Es brauchte wohl den Angriff auf die Ukraine, um dieses Problem endlich ins Zentraum zu rücken. Aber leider ist der russische Geheimdienst gar nicht notwendig, um im Westen Putins Positionen zu vertreten. Der Mann kann sich auf eine ganze Reihe von Wasserträgern stützen, die sein Geschäft auch ohne hilfreiches kompromat4 erledigen.

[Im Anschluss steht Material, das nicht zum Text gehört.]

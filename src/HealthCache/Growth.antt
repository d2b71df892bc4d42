-- ===== src/HealthCache/Growth.antt =====
-- The generations of `HealthCache` in 9router_WatchEdit/core/history.py under its changes.
use router_extra.Prelude.{
  delete_all, get, ℕ, ◌+◌, ◌≤◌, String, ◌≡◌, refl, Option, none, some, List, [], ◌∷◌, arith,
  if◌then◌else◌, length, ◌==◌,
}
use router_extra.Health.{Cost, Evidence}
use router_extra.HealthCache.{
  HealthRecord, HealthCache, record_evidence, set_cost_override, Override, clear, refuse, use_cost,
  override_record,
}
use router_extra.HealthCache.Policy.{prune_stale_records, removable_ids}
use router_extra.HealthCache.Deletion.{delete_none}

-- A change raises the generation or keeps the records, and marks nothing as durable.
pub record Grows (c d : HealthCache) : Type 0 where
  pub durable_kept : d.durable_generation ≡ c.durable_generation
  pub grows : c.record_generation ≤ d.record_generation
  pub kept : d.record_generation ≡ c.record_generation → d.records ≡ c.records

pub record_evidence-Grows :
    (id : String) (e : Evidence) (latency now_at : ℕ) (c : HealthCache)
    → Grows c (record_evidence id e latency now_at c)
unfolding record_evidence
record_evidence-Grows id e latency now_at c = ground arith

override_record-Grows :
    (cost : Option Cost) (v : Option HealthRecord) (id : String) (c : HealthCache)
    → Grows c (override_record cost v id c).0
unfolding override_record
override_record-Grows cost none id c = ground arith
override_record-Grows cost (some r) id c = ground arith

pub set_cost_override-Grows :
    (id : String) (o : Override) (c : HealthCache) → Grows c (set_cost_override id o c).0
unfolding set_cost_override
set_cost_override-Grows id clear c = override_record-Grows none (get id c.records) id c
set_cost_override-Grows id (use_cost cost) c =
    override_record-Grows (some cost) (get id c.records) id c
set_cost_override-Grows id refuse c = ground arith

removal-Grows :
    (ids : List String) (c : HealthCache)
    → Grows c (record c {
      records = delete_all ids c.records;
      record_generation = if length ids == 0 then c.record_generation else c.record_generation + 1;
    })
removal-Grows [] c = record {
  durable_kept = refl;
  grows = omega arith;
  kept = λ e. delete_none c.records;
}
removal-Grows (i ∷ ids) c = ground arith

pub prune-Grows :
    (current referenced : List String) (window most now_at : ℕ) (c : HealthCache)
    → Grows c (prune_stale_records current referenced window most now_at c).0
unfolding prune_stale_records
prune-Grows [] referenced window most now_at c = ground arith
prune-Grows (i ∷ more) referenced window most now_at c =
    removal-Grows (removable_ids (i ∷ more) referenced window most now_at c.records) c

Die linkshändigen Wasserträger
Seit 1917 eine verlässliche Quelle solcher Schützenhilfe ist die radikale Linke, die in Russland stets die missverstandene Alternative zu erkennen glaubte, und wenn auch noch so viele Eier für das sozialistische Omlett zerschlagen werden mussten. Nicht dass Putins Regime irgendetwas mit linken Idealen zu tun hätte; hier regiert einerseits eine Nostalgie nach den politischen Frontlinien des Kalten Krieges und, vor allem, ein solides "der Feind meines Feindes ist mein Freund"-Denken. Und das war noch immer der zuverlässigste Schalter für das Verhindern jeglichen kritischen Denkens.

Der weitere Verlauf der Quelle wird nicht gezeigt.